Massively parallel processing

Mark Edmondson


Run massive parallel R jobs cheaply

Due to its integration with future you can run massive computing tasks using a Google Compute Engine cluster with just a few lines of code.

Some more examples of using future can be found here, using fractals as an example.
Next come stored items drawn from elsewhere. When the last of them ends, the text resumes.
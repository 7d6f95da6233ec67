-- ===== src/Arbitration/Pool.antt =====
-- The task pool of examples/arbitration/arbitration.cc against what its workers take from it.
use native.Mathlib.Nat.{mod-eq_of_lt}
use zns_emulation_bench.Prelude.{
  ℕ, zero, suc, ◌+◌, ◌*◌, ◌^◌, ◌≤◌, ◌<◌, ◌≡◌, refl, ap, ◌∙◌, if_true, true, ◌⊎◌, inl, inr, max,
  List, [], ◌∷◌, length, get_or, Bool, pos, pos_part, ltb, if◌then◌else◌, ◌%◌, arith,
}
use zns_emulation_bench.Exec.{Exec, done, exited, ◌>>=◌}
use zns_emulation_bench.Arbitration.{NsEntry, NsWorkerCtx, WorkerThread, ArbContext, Spdk}
use zns_emulation_bench.Arbitration.Loop.{
  Thread, Build, submit_task, submit_times, submit_io, drain_io,
}
use zns_emulation_bench.Arbitration.Loop.Invariant.{submit_single_io_cases}
use zns_emulation_bench.Arbitration.Loop.Submit.{submit_task-pool}
use zns_emulation_bench.Arbitration.Worker.{
  Work, Round, focus, unfocus, put_back, for_each, for_each_ctx, init_contexts, poll_loop,
  tsc_end_of, run_phases, work_fn,
}
use zns_emulation_bench.Arbitration.Worker.Invariant.{then_rest}
use zns_emulation_bench.Arbitration.Setup.{new_ctx, associate_loop, task_count}

mul_mono : (a b c : ℕ) → a ≤ b → a * c ≤ b * c
mul_mono a b c h = grind arith

larger : (n w : ℕ) → (if ltb w n then n else w) ≡ max n w
larger n w = ground arith

-- `main` makes the pool large enough for `count` contexts, if `count` is at most the larger of the
-- numbers of namespaces and workers, and the product with the queue depth fits a `uint32_t`.
pub task_count_enough :
    (arb : ArbContext) (count q : ℕ)
    → arb.queue_depth ≡ pos q
    → q < 2 ^ 31
    → max arb.num_namespaces arb.num_workers < 2 ^ 31
    → max arb.num_namespaces arb.num_workers * q < 2 ^ 32
    → count ≤ max arb.num_namespaces arb.num_workers
    → count * q ≤ task_count arb
unfolding task_count
task_count_enough arb count q e int_q int_max small le =
    rw (larger arb.num_namespaces arb.num_workers, e)
      (rw (word q int_q, word (max arb.num_namespaces arb.num_workers) int_max)
        (rw (mod-eq_of_lt small) (mul_mono count (max arb.num_namespaces arb.num_workers) q le)))
  where
    word : (n : ℕ) → n < 2 ^ 31 → n % 2 ^ 32 ≡ n
    word n h = omega arith

init_contexts-given :
    (env : Spdk) (i : ℕ) (cs : List NsWorkerCtx)
    → ((k : ℕ) → env.alloc_io_qpair k ≡ true)
    → ((init_contexts env i cs).0 ≡ true) × (length (init_contexts env i cs).1 ≡ length cs)
unfolding init_contexts
init_contexts-given env i [] given = (refl, refl)
init_contexts-given env i (c ∷ cs) given =
    let (a, l) = init_contexts-given env (i + 1) cs given in rw (given i) (a, ap suc l)

module _ (env : Spdk) (cfg : ArbContext) (build : Build) where
  -- Submissions end in `exit(1)`, or have taken a task each.
  submit_times_takes :
      (n : ℕ) (t : Thread)
      → ((t' : Thread) × (submit_times env cfg build n t ≡ exited t'))
        ⊎ ((t' : Thread) × (submit_times env cfg build n t ≡ done t')
            × (t'.task_pool + n ≡ t.task_pool))
  unfolding submit_times
  submit_times_takes zero t = inr (t, refl, omega arith)
  submit_times_takes (suc n) t =
      submit_single_io_cases env cfg build
        (λ m.
          ((t' : Thread) × ((m >>= submit_times env cfg build n) ≡ exited t'))
          ⊎ ((t' : Thread) × ((m >>= submit_times env cfg build n) ≡ done t')
              × (t'.task_pool + suc n ≡ t.task_pool)))
        t (λ _. inl (t, refl)) (λ _. inl (t, refl))
        (λ h. taken h (submit_times_takes n (submit_task env cfg build t)))
    where
      taken :
          0 < t.task_pool
          → ((t' : Thread) × (submit_times env cfg build n (submit_task env cfg build t)
                ≡ exited t'))
            ⊎ ((t' : Thread) × (submit_times env cfg build n (submit_task env cfg build t)
                  ≡ done t')
                × (t'.task_pool + n ≡ (submit_task env cfg build t).task_pool))
          → ((t' : Thread) × (submit_times env cfg build n (submit_task env cfg build t)
                ≡ exited t'))
            ⊎ ((t' : Thread) × (submit_times env cfg build n (submit_task env cfg build t)
                  ≡ done t')
                × (t'.task_pool + suc n ≡ t.task_pool))
      taken h (inl r) = inl r
      taken h (inr (u, e, p)) = inr (u, e, omega (arith, submit_task-pool env cfg build t, p))

  -- A pass of `submit_io` over contexts that ask for more tasks than there are ends in `exit(1)`.
  submit_all_exhausted :
      (i : ℕ) (cs : List NsWorkerCtx) (w : Work)
      → w.task_pool < length cs * pos_part cfg.queue_depth
      → (w' : Work) × (for_each (λ _. submit_io env cfg build cfg.queue_depth) i cs w ≡ exited w')
  unfolding for_each submit_io
  submit_all_exhausted i [] w h = absurd (omega arith)
  submit_all_exhausted i (c ∷ cs) w h =
      elim (submit_times_takes (pos_part cfg.queue_depth) (focus c w)) [
        | inl (t, e) ↦ (unfocus t cs, ap (then_rest rest cs) e)
        | inr (t, e, p) ↦
            let (w', e') = submit_all_exhausted (i + 1) cs (unfocus t cs) (omega (arith, p)) in
            (
              record w' { ctxs = t.ctx ∷ w'.ctxs },
              ap (then_rest rest cs) e ∙ ap (put_back t.ctx) e',
            )
      ]
    where
      rest : Work → Exec Work
      rest = for_each (λ _. submit_io env cfg build cfg.queue_depth) (i + 1) cs

  -- So does a worker whose contexts ask for more tasks than there are, once it has its queue pairs.
  pub work_fn_exhausted :
      (start : ℕ) (rounds : List Round) (last : List (List (List ℕ))) (w : Work)
      → ((k : ℕ) → env.alloc_io_qpair k ≡ true)
      → w.task_pool < length w.ctxs * pos_part cfg.queue_depth
      → (w' : Work) × (work_fn env cfg build start rounds last w ≡ (0, exited w'))
  unfolding work_fn run_phases
  work_fn_exhausted start rounds last w given h =
      let (ok, l) = init_contexts-given env 0 w.ctxs given in
      let w0 : Work = record w { ctxs = (init_contexts env 0 w.ctxs).1 } in
      let (u, e) = submit_all_exhausted 0 w0.ctxs w0 (rw l h) in
      (
        u,
        if_true _ _ ok
            ∙ ap
                (λ m. (
                  0,
                  m
                      >>= poll_loop env cfg build (tsc_end_of cfg start) rounds
                      >>= for_each_ctx (λ i. drain_io env cfg build (get_or last i [])),
                ))
                e,
      )

-- With one namespace, one worker, a positive queue depth, and every queue pair and context allocated,
-- the two contexts that `associate_workers_with_ns` makes ask for twice the tasks of the pool: the
-- benchmark ends in `exit(1)`, whatever the device does.
pub one_namespace_one_worker_exits :
    (env : Spdk) (cfg : ArbContext) (build : Build) (entry : NsEntry) (worker : WorkerThread)
    (q : ℕ) (mallocs : ℕ → Bool) (start seed : ℕ) (rounds : List Round)
    (last : List (List (List ℕ)))
    → ((k : ℕ) → env.alloc_io_qpair k ≡ true)
    → ((k : ℕ) → mallocs k ≡ true)
    → cfg.queue_depth ≡ pos q
    → 0 < q
    → q < 2 ^ 31
    → cfg.num_namespaces ≡ 1
    → cfg.num_workers ≡ 1
    → (ctxs : List NsWorkerCtx) × (associate_loop
          (entry ∷ [])
          2
          0
          0
          mallocs
          (record worker { ns_ctx = [] } ∷ [])
        ≡ (0, record worker { ns_ctx = ctxs } ∷ []))
      × (w' : Work) × (work_fn env cfg build start rounds last (record {
        ctxs = ctxs;
        task_pool = task_count cfg;
        seed = seed;
        calls = 0;
        failures = 0;
      })
          ≡ (0, exited w'))
unfolding associate_loop task_count
one_namespace_one_worker_exits env cfg build entry worker q mallocs start seed rounds last given ok
      e h int_q n1 w1 =
    let (u, x) =
      work_fn_exhausted env cfg build start rounds last
        (record { ctxs = twice; task_pool = task_count cfg; seed = seed; calls = 0; failures = 0 })
        given (rw (pool, e) (omega arith)) in
    (twice, ground (arith, ok 1, ok 0), u, x)
  where
    twice : List NsWorkerCtx
    twice = new_ctx entry ∷ new_ctx entry ∷ []

    pool : task_count cfg ≡ q
    pool = ground arith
On other platforms, see also an Azure example here on Revolution Analytics.

Example code


## auto auth to GCE via environment file arguments

## create 50 CPUs names
vm_names <- paste0("cpu",1:50)

## specify the cheapest VMs that may get turned off
preemptible = list(preemptible = TRUE)

## start up 50 VMs with R base on them (can also customise via Dockerfiles using gce_vm_template instead)
fiftyvms <- lapply(vm_names, gce_vm, predefined_type = "n1-standard-1", template = "r-base", scheduling = preemptible)

## add any ssh details, username etc.
fiftyvms <- lapply(fiftyvms, gce_ssh_setup)

## once all launched, add to cluster
plan(cluster, workers = as.cluster(fiftyvms))

## the action you want to perform via cluster
my_single_function <- function(x){

## use future::future_lapply to send each call to the cluster
all_results <- future_lapply(1:50, my_single_function)

## tidy up
lapply(fiftyvms, FUN = gce_vm_stop)

Pre-emptible VMs

Preemptible VMs are a lot cheaper (80%) than normal instances, but Google reserves the right to stop them at any time. They are intended to be used in non-critical jobs where if they shutdown you can account for it and launch another.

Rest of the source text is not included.